The Criminal Code allows for damages of up to $5,000 for anyone convicted under s. 184.

For more information see:

Morgan v. Alta Flights (Charters) Inc., 2005 CarswellNat 798, 2005 FC 421 (F.C.)

How privacy disputes are handled

When the Office of the Privacy Commissioner receives a complaint, it conducts an investigation and issues a formal finding that concludes the complaint is well-founded, not well-founded or resolved.

A formal finding gives the complainant the right to go to Federal Court. But most complaints don’t head down that path.

Most complainants just want the matter rectified. Often the complaint is the result of a miscommunication between the complainant and the organization, and the privacy commissioner works with each side to clarify the issue. In other instances, the organization is not fully in compliance with PIPEDA. In those cases, the commissioner works with the organization to ensure it is adhering to the law.

Where a formal finding has been issued, the privacy commissioner brings this to the attention of the organization and a prompt resolution is frequently the result.

Recent decision by the privacy commissioner

An employee at the Canadian Food Inspection Agency (CFIA) working at a federally registered meat processing plant complained the plant was collecting his personal information by way of video cameras without his consent, and had disclosed it to his employer in an attempt to undermine his work and the work of other federal inspectors.

The company installed video cameras in 2001. There are 15 cameras at the plant, located at entry and exit points, and in all areas of the plant, including the room where CFIA employees have their workstations.

The company said the cameras were used to address security concerns and to monitor hygiene, safety and product safety. The CFIA employee did not dispute the cameras could provide security, and did not take issue with their installation at entry and exit points for such a purpose.

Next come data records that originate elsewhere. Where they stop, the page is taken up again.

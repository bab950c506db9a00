-- ===== src/Cache.antt =====
-- AppOpt/src/cache.rs and `affinity_set` of AppOpt/src/apply_affinity.rs: the table of threads
-- that both modes keep.
pub mod Laws
use app_opt.Base.{
  ℕ, Bool, true, false, not, ◌&&◌, List, [], ◌∷◌, ◌++◌, Option, none, some, if◌then◌else◌,
}
use app_opt.Base.Decimal.{decimal}
use app_opt.Base.Dict.{lookup, remove, insert, contains, ℕ_eq, text_eq}
use app_opt.Base.Text.{Text, codes, is_empty, is_some}
use app_opt.Config.Load.{AppConfig, Env}
use app_opt.Cpu.Dirs.{base_cpuset}
use app_opt.Cpu.Set.{CpuSet, eq_set}
use app_opt.Cpu.Topology.{CpuTopology}
use app_opt.Match.{AffinityResult, Fnmatch, thread_affinity, comm_to_pkg}

pub record TaskEntry : Type 0 where
  pub pid : ℕ
  pub pkg : Text
  pub cpus : CpuSet
  pub cpuset_dir : Text
  pub is_thread_rule : Bool

-- Thread ids, which are positive, with their entries.
abbrev pub Tasks : Type 0
Tasks = List (ℕ × TaskEntry)

abbrev pub task_del : ℕ → Tasks → Tasks
task_del tid tasks = remove tid tasks

abbrev pub is_thread_entry : Option TaskEntry → Bool
is_thread_entry none = false
is_thread_entry (some e) = e.is_thread_rule

unfoldable pub pkg_lookup_comm : ℕ → Text → AppConfig → Tasks → Option Text
pkg_lookup_comm pid comm cfg tasks = elim (comm_to_pkg comm cfg.pkgs) [
  | some p ↦ some p
  | none ↦ elim (lookup pid tasks) [ some e ↦ some e.pkg | none ↦ none ]
]

abbrev pub entry_of : ℕ → Text → AffinityResult → TaskEntry
entry_of pid pkg r = record {
  pid = pid;
  pkg = pkg;
  cpus = r.cpus;
  cpuset_dir = r.cpuset_dir;
  is_thread_rule = r.is_thread_rule;
}

-- The closure `apply_fn` over its captured state: `true` means that the thread is gone.
abbrev pub ApplyFn : Type 0 → Type 0
ApplyFn S = ℕ → CpuSet → Text → S → Bool × S

pub record Applied (S : Type 0) : Type 0 where
  pub inserted : Bool
  pub tasks : Tasks
  pub state : S

-- `task_apply` once the affinity is known.
unfoldable pub task_apply_result :
    {S : Type 0} → ℕ → ℕ → Text → ApplyFn S → AffinityResult → Tasks → S → Applied S
task_apply_result tid pid pkg apply_fn r tasks s =
    if not r.is_thread_rule && is_thread_entry (lookup tid tasks)
    then record { inserted = true; tasks = tasks; state = s }
    else (let called = apply_fn tid r.cpus r.cpuset_dir s in
        if called.0
        then record { inserted = false; tasks = remove tid tasks; state = called.1 }
        else record {
          inserted = true;
          tasks = insert tid (entry_of pid pkg r) tasks;
          state = called.1;
        })

-- `let Some(result) = … else { return false }`
unfoldable pub task_apply_found :
    {S : Type 0} → ℕ → ℕ → Text → ApplyFn S → Option AffinityResult → Tasks → S → Applied S
unfolding task_apply_result
task_apply_found tid pid pkg apply_fn none tasks s = record {
  inserted = false;
  tasks = tasks;
  state = s;
}
task_apply_found tid pid pkg apply_fn (some r) tasks s =
    task_apply_result tid pid pkg apply_fn r tasks s

-- A package without thread rules is matched with no thread name.
abbrev pub name_for : AppConfig → Text → Text → Text
name_for cfg pkg comm = if contains pkg cfg.has_thread_rules then comm else codes ""

unfoldable pub task_apply :
    {S : Type 0}
    → Fnmatch
    → Env
    → ℕ
    → ℕ
    → Text
    → Text
    → AppConfig
    → ApplyFn S
    → Tasks
    → S
    → Applied S
unfolding task_apply_found
task_apply fnmatch env tid pid pkg comm cfg apply_fn tasks s =
    task_apply_found tid pid pkg apply_fn
      (thread_affinity fnmatch env pkg (name_for cfg pkg comm) cfg) tasks s

-- What the system answers about a thread: its affinity, and the outcome of setting one.
pub data SetOutcome : Type 0 where
  done no_thread failed : SetOutcome

pub record Threads : Type 0 where
  pub get_affinity : ℕ → Option CpuSet
  pub set_affinity : ℕ → CpuSet → SetOutcome

-- The calls that `affinity_set` makes.
pub data OsCall : Type 0 where
  append : Text → Text → OsCall
  sched_setaffinity : ℕ → CpuSet → OsCall

abbrev same_affinity : Option CpuSet → CpuSet → Bool
same_affinity none cpus = false
same_affinity (some curr) cpus = eq_set curr cpus

abbrev tasks_path : Text → Text → Text
tasks_path base dir =
    if is_empty dir then base ++ codes "/tasks" else base ++ ((b'/' ∷ dir) ++ codes "/tasks")

abbrev is_gone : SetOutcome → Bool
is_gone no_thread = true
is_gone _ = false

-- Whether the thread is gone, and the calls made.
unfoldable pub affinity_set :
    Threads → Option Text → ℕ → CpuSet → Text → CpuTopology → Bool × List OsCall
affinity_set os base tid cpus cpuset_dir topo =
    if same_affinity (os.get_affinity tid) cpus then (false, []) else (
      is_gone (os.set_affinity tid cpus),
      (if topo.cpuset_enabled
            then append (tasks_path (base_cpuset base) cpuset_dir) (decimal tid ++ (b'\n' ∷ []))
              ∷ []
            else [])
          ++ (sched_setaffinity tid cpus ∷ []),
    )

unfoldable pub dead_tids : (ℕ → TaskEntry → Bool) → Tasks → List ℕ
dead_tids dead [] = []
dead_tids dead ((tid, e) ∷ tasks) =
    if dead tid e then tid ∷ dead_tids dead tasks else dead_tids dead tasks

unfoldable pub del_all : List ℕ → Tasks → Tasks
del_all [] tasks = tasks
del_all (tid ∷ tids) tasks = del_all tids (task_del tid tasks)

abbrev pub task_dead : Threads → Option Text → CpuTopology → ℕ → TaskEntry → Bool
task_dead os base topo tid e = (affinity_set os base tid e.cpus e.cpuset_dir topo).0

-- The dead threads, and the table without them.
unfoldable pub affinity_sync : Threads → Option Text → CpuTopology → Tasks → List ℕ × Tasks
unfolding dead_tids del_all
affinity_sync os base topo tasks =
    let dead = dead_tids (task_dead os base topo) tasks in (dead, del_all dead tasks)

When the CFIA employee asked about the cameras at the time of installation, he was told they would not be used to observe him.

But there were documented incidents where the company had disclosed information about him to CFIA managers to show them videotape footage of his workstation to support the company’s contention that he was overly zealous in his work.

The Office of the Privacy Commissioner focused on the camera used to monitor the CFIA employee’s workstation. The company cited product safety as the reason for installing that camera. But the commissioner said the company presented no information to back its claim that it was monitoring food safety.

The CFIA inspectors are responsible for food safety and quality assurance, and are on site whenever the production line is operating. The commissioner found it difficult to understand how having a camera in this area — a camera that could not provide a clear picture of animals — ensures product safety when the very people responsible for ensuring safety are in the room.

The commissioner concluded the complaint was well-founded. But because the incidents where the employer handed video evidence to CFIA managers happened before PIPEDA came into force on Jan. 1, 2004, and the company has not made any other attempts since that date to use the video in such a manner, it could not rule on the part of the complaint.

The commissioner recommended that the company remove the camera from the room where CFIA staff have their workstations.